A supervised system (sometimes referred to as a “closed circuit” system) will create a trouble signal in the event of a break in the field wiring, disconnection or removal of an initiating device or notification appliance, failure of main operating power, disconnection of the standby battery, or off-normal position of a panel switch. A trouble condition will light one or more yellow LEDs on the panel and cause an audible signal, (usually a piezoelectric device) to sound. The audible signal can be silenced by operating the ‘Trouble Silence’ switch on the panel. Since the panel is locked, the trouble sounder can only be silenced by authorized personnel who have access to the key.

In a conventional system, supervision is made possible by use of an ‘End of Line’ (EOL) device, usually a resistor, although other components may be used, depending on the designer.

Many years ago, manufacturers used relays to achieve supervision. Two relay coils, alarm and supervisory, were connected in series with the initiating device circuit. The supervisory relay was rated at a lower voltage and was continually energized by the reduced current flowing through the circuit via the EOL device. The alarm relay was rated at the operating voltage and would only energize when the current was increased by an initiating device that short- circuited the EOL device. If the circuit is opened by a break in the wiring, or unauthorized removal of a detector or station, or if the winding of either relay opened, the trouble relay contacts would fall out, applying voltage to the trouble LED and sounder. These relays were eventually replaced by solid state components, mostly microprocessors, that monitor the circuit supervisory current.

In the event of a break in the outside wiring, unauthorized removal of a detector or station, failure of the main power supply, or removal of the EOL device, the microprocessor will sense the change in circuit current and create a trouble condition, energizing the yellow System Trouble LED, a yellow Zone Trouble LED dedicated to that circuit, and an audible sounder inside the panel, signifying a trouble condition. The sounder may be silenced by operating a ‘Trouble Silence’ switch, but the yellow LED(s) will remain lit. Once the trouble condition is rectified and the circuit in question is restored to normal, the audible signal will sound again, or ‘ring back’. The trouble silencing switch is then restored to the normal position, silencing the sounder and extinguishing the Trouble LED(s).

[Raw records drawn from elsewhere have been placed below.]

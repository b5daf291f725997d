-- ===== src/Interface/Routes/Complete.antt =====
-- What the tables of methods hold once spyne/interface/_base.py has filled them.
use mathlib.Core.Path.{subst}
use spyne.Prelude.{
  eq_of_beq, beq_refl, ℕ, nat_eq, String, string_eq, ◌≡◌, refl, sym, ◌⊎◌, inl, inr, arith, Bool,
  false, Option, none, some, is_none, List, [], ◌∷◌, ◌++◌, ◌=?◌, if◌then◌else◌, All, All-append,
  Option-cases, Bool-cases, if_elim,
}
use spyne.Prelude.Dict
use spyne.Prelude.Dict.{Dict, get-put}
use spyne.Prelude.Exec.{Result, ok, err, pure, raise, continue}
use spyne.Interface.Routes.{
  Class, Method, Routes, Routing, RouteError, add_route, or_empty, register, process_method,
  process_methods, populate_routes, public_methods, static_methods, assertion_error, method_key,
  gen_interface_key, compatible, known_or_register,
}

-- The first method may be primary or auxiliary, all others are auxiliary.
abbrev pub IsRoute : List Method → Type 0
IsRoute [] = ⊥
IsRoute (m ∷ ms) = All (λ x. is_none x.aux ≡ false) ms

abbrev pub Member : Method → List Method → Type 0
Member m [] = ⊥
Member m (x ∷ l) = (x ≡ m) ⊎ Member m l

-- Every route is as above, and every method of the table by keys is on some route.
pub record IsComplete (r : Routes) : Type 0 where
  pub routes :
      (name : String) (l : List Method) → Dict.get r.service_method_map name ≡ some l → IsRoute l
  pub routed :
      (key : String) (m : Method)
      → Dict.get r.method_id_map key ≡ some m
      → (name : String) × Member m (or_empty (Dict.get r.service_method_map name))

Member-append : (m : Method) (l r : List Method) → Member m l → Member m (l ++ r)
Member-append m [] r h = absurd h
Member-append m (x ∷ l) r (inl e) = inl e
Member-append m (x ∷ l) r (inr h) = inr (Member-append m l r h)

Member-last : (m : Method) (l : List Method) → Member m (l ++ m ∷ [])
Member-last m [] = inl refl
Member-last m (x ∷ l) = inr (Member-last m l)

-- What `add_route` makes of a list that is a route, or empty.
record Extends (m : Method) (old new : List Method) : Type 0 where
  route : IsRoute new
  kept : (x : Method) → Member x old → Member x new
  added : Member m new

add_route-Extends :
    (val : List Method) (m : Method)
    → ((v : Method) (vs : List Method) → val ≡ v ∷ vs → IsRoute val)
    → (add_route val m val).0 ≡ ok tt
    → Extends m val (add_route val m val).1
unfolding add_route
add_route-Extends [] m h e = record { route = tt; kept = λ x b. absurd b; added = inl refl }
add_route-Extends (v ∷ val) m h e = elim (Bool-cases (is_none m.aux)) [
  | inl primary ↦ absurd (ground arith)
  | inr auxiliary ↦ rw auxiliary (record {
    route = All-append (λ x. is_none x.aux ≡ false) val (m ∷ []) (h v val refl) (auxiliary, tt);
    kept = λ x b. Member-append x (v ∷ val) (m ∷ []) b;
    added = Member-last m (v ∷ val);
  })
]

already_valid :
    (r : Routes) (name : String)
    → IsComplete r
    → (v : Method) (vs : List Method) → or_empty (Dict.get r.service_method_map name) ≡ v ∷ vs
    → IsRoute (or_empty (Dict.get r.service_method_map name))
already_valid r name h v vs e = elim (Option-cases (Dict.get r.service_method_map name)) [
  | inl absent ↦ absurd (ground (arith, absent))
  | inr (l, found) ↦ rw found (h.routes name l found)
]

-- the list for a name after one list has changed
put_at :
    (d : Dict String (List Method)) (name n : String) (new : List Method)
    → or_empty (Dict.get (Dict.put d name new) n)
      ≡ (if name =? n then new else or_empty (Dict.get d n))
put_at d name n new = ground (arith, get-put d name n new)

-- what was on a route is on it still
kept_at :
    (d : Dict String (List Method)) (m : Method) (name n : String) (new : List Method)
    → ((x : Method) → Member x (or_empty (Dict.get d name)) → Member x new)
    → Member m (or_empty (Dict.get d n))
    → Member m (or_empty (Dict.get (Dict.put d name new) n))
kept_at d m name n new kept h = rw (put_at d name n new) (
    if_elim (Member m) (name =? n) new (or_empty (Dict.get d n))
      (λ same.
        kept m (subst (λ j. Member m (or_empty (Dict.get d j))) (sym (eq_of_beq name n same)) h))
      (λ _. h))

-- the tables that `register` leaves
abbrev registered : Routes → String → String → Method → List Method → Routes
registered r key name m new = record {
  method_id_map = Dict.put r.method_id_map key m;
  service_method_map = Dict.put r.service_method_map name new;
}

module _ (r : Routes) (key name : String) (m : Method) (new : List Method) (h : IsComplete r)
    (x : Extends m (or_empty (Dict.get r.service_method_map name)) new) where
  registered_routes :
      (n : String) (l : List Method)
      → Dict.get (registered r key name m new).service_method_map n ≡ some l
      → IsRoute l
  registered_routes n l e = elim (Bool-cases (name =? n)) [
    | inl same ↦
        subst IsRoute (ground (arith, same, get-put r.service_method_map name n new)) x.route
    | inr other ↦ h.routes n l (ground (arith, other, get-put r.service_method_map name n new))
  ]

  registered_routed :
      (k : String) (m' : Method)
      → Dict.get (registered r key name m new).method_id_map k ≡ some m'
      → (n : String) × Member m'
          (or_empty (Dict.get (registered r key name m new).service_method_map n))
  registered_routed k m' e = elim (Bool-cases (key =? k)) [
    | inl same ↦
        let it_is : m ≡ m' = ground (arith, same, get-put r.method_id_map key k m) in
        (
          name,
          rw (put_at r.service_method_map name name new, beq_refl name)
              (subst (λ y. Member y new) it_is x.added),
        )
    | inr other ↦
        let (n, old) = h.routed k m' (ground (arith, other, get-put r.method_id_map key k m)) in
        (n, kept_at r.service_method_map m' name n new x.kept old)
  ]

  registered-IsComplete : IsComplete (registered r key name m new)
  registered-IsComplete = record { routes = registered_routes; routed = registered_routed }

module _ (first : String → String) (tns : String) where
  known_or_register-IsComplete :
      (r : Routes) (s : Class) (m : Method) (key : String) (known : Option Method)
      → IsComplete r
      → (known_or_register first tns s m key known r).0 ≡ ok tt
      → IsComplete (known_or_register first tns s m key known r).1
  unfolding register
  known_or_register-IsComplete r s m key (some other) h e =
      if_elim (λ action. IsComplete (action r).1) (compatible s other.parent_class) (pure tt)
        (raise assertion_error) (λ _. h) (λ _. h)
  known_or_register-IsComplete r s m key none h e =
      let name = method_key first tns s m in
      registered-IsComplete r key name m _ h (
        add_route-Extends (or_empty (Dict.get r.service_method_map name)) m (already_valid r name h)
          e)

  process_method-IsComplete :
      (r : Routes) (s : Class) (m : Method)
      → IsComplete r
      → (process_method first tns s m r).0 ≡ ok tt
      → IsComplete (process_method first tns s m r).1
  unfolding process_method
  process_method-IsComplete r s m h e =
      known_or_register-IsComplete r s m (gen_interface_key first s m)
        (Dict.get r.method_id_map (gen_interface_key first s m)) h e

  then-IsComplete :
      (result : Result RouteError (Unit {0})) (r : Routes) (n : Routing)
      → (result ≡ ok tt → IsComplete r)
      → ((r' : Routes) → IsComplete r' → (n r').0 ≡ ok tt → IsComplete (n r').1)
      → (continue result (λ _. n) r).0 ≡ ok tt
      → IsComplete (continue result (λ _. n) r).1
  then-IsComplete (ok a) r n h k e = k r (h refl) e
  then-IsComplete (err x) r n h k e = cc

  process_methods-IsComplete :
      (methods : List (Class × Method)) (r : Routes)
      → IsComplete r
      → (process_methods first tns methods r).0 ≡ ok tt
      → IsComplete (process_methods first tns methods r).1
  unfolding process_methods
  process_methods-IsComplete [] r h e = h
  process_methods-IsComplete ((s, m) ∷ methods) r h e =
      then-IsComplete (process_method first tns s m r).0 (process_method first tns s m r).1
        (process_methods first tns methods) (process_method-IsComplete r s m h)
        (λ r'. process_methods-IsComplete methods r') e

  -- If the call routes are filled without an error, in tables that were complete (empty ones, say),
  -- every method of the table by keys can be reached by some name, and the methods of a name are
  -- auxiliary, but for the first.
  pub populate_routes-IsComplete :
      (classes : ℕ → Class) (static_when : Method → Bool) (services : List (Class × List Method))
      (member_methods : List (Class × Method)) (r : Routes)
      → IsComplete r
      → (populate_routes first tns classes static_when services member_methods r).0 ≡ ok tt
      → IsComplete (populate_routes first tns classes static_when services member_methods r).1
  unfolding populate_routes
  populate_routes-IsComplete classes static_when services member_methods r h e =
      then-IsComplete (process_methods first tns (public_methods first tns services) r).0
        (process_methods first tns (public_methods first tns services) r).1
        (process_methods first tns (static_methods first tns classes static_when member_methods))
        (process_methods-IsComplete (public_methods first tns services) r h)
        (process_methods-IsComplete (static_methods first tns classes static_when member_methods)) e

In the event of an alarm, the contacts in the initiating device close, shunting out the EOL, raising the circuit voltage to full operating voltage, and energizing the alarm circuitry. The alarm circuitry will then ap- ply operating power to the notification appliance circuit, sounding horns, flashing strobes, and performing other functions.

This type of circuit is referred to as a Class B, Style B circuit.  The National Fire Alarm and Signalling  Code, NFPA Standard 72, makes references to both ‘Classes’ and ‘Styles’ for circuits. The Class A or B designation has been traditionally used for discussion purposes, while the Style designations refer to a wider variety of circuits having subtle differences we will focus on Classes because Styles were removed from the designations in the 2010 version of NFPA 72 and only classes are used today. These are referred to in NFPA 72 as Circuit and Pathway designations. They are:
Class A
Class B
Class C
Class D
Class E
Class N
And Class X

In Figure 2, we see an initiating circuit of a Fire Alarm Control Panel (FACP). Current flows out of the FACP and through the circuit, in and out of one contact of the initiating devices, through the end of line resistor (EOL), through the second contact of each initiating device and back to the FACP. (We will discuss the “in and out” wiring to the contacts later.)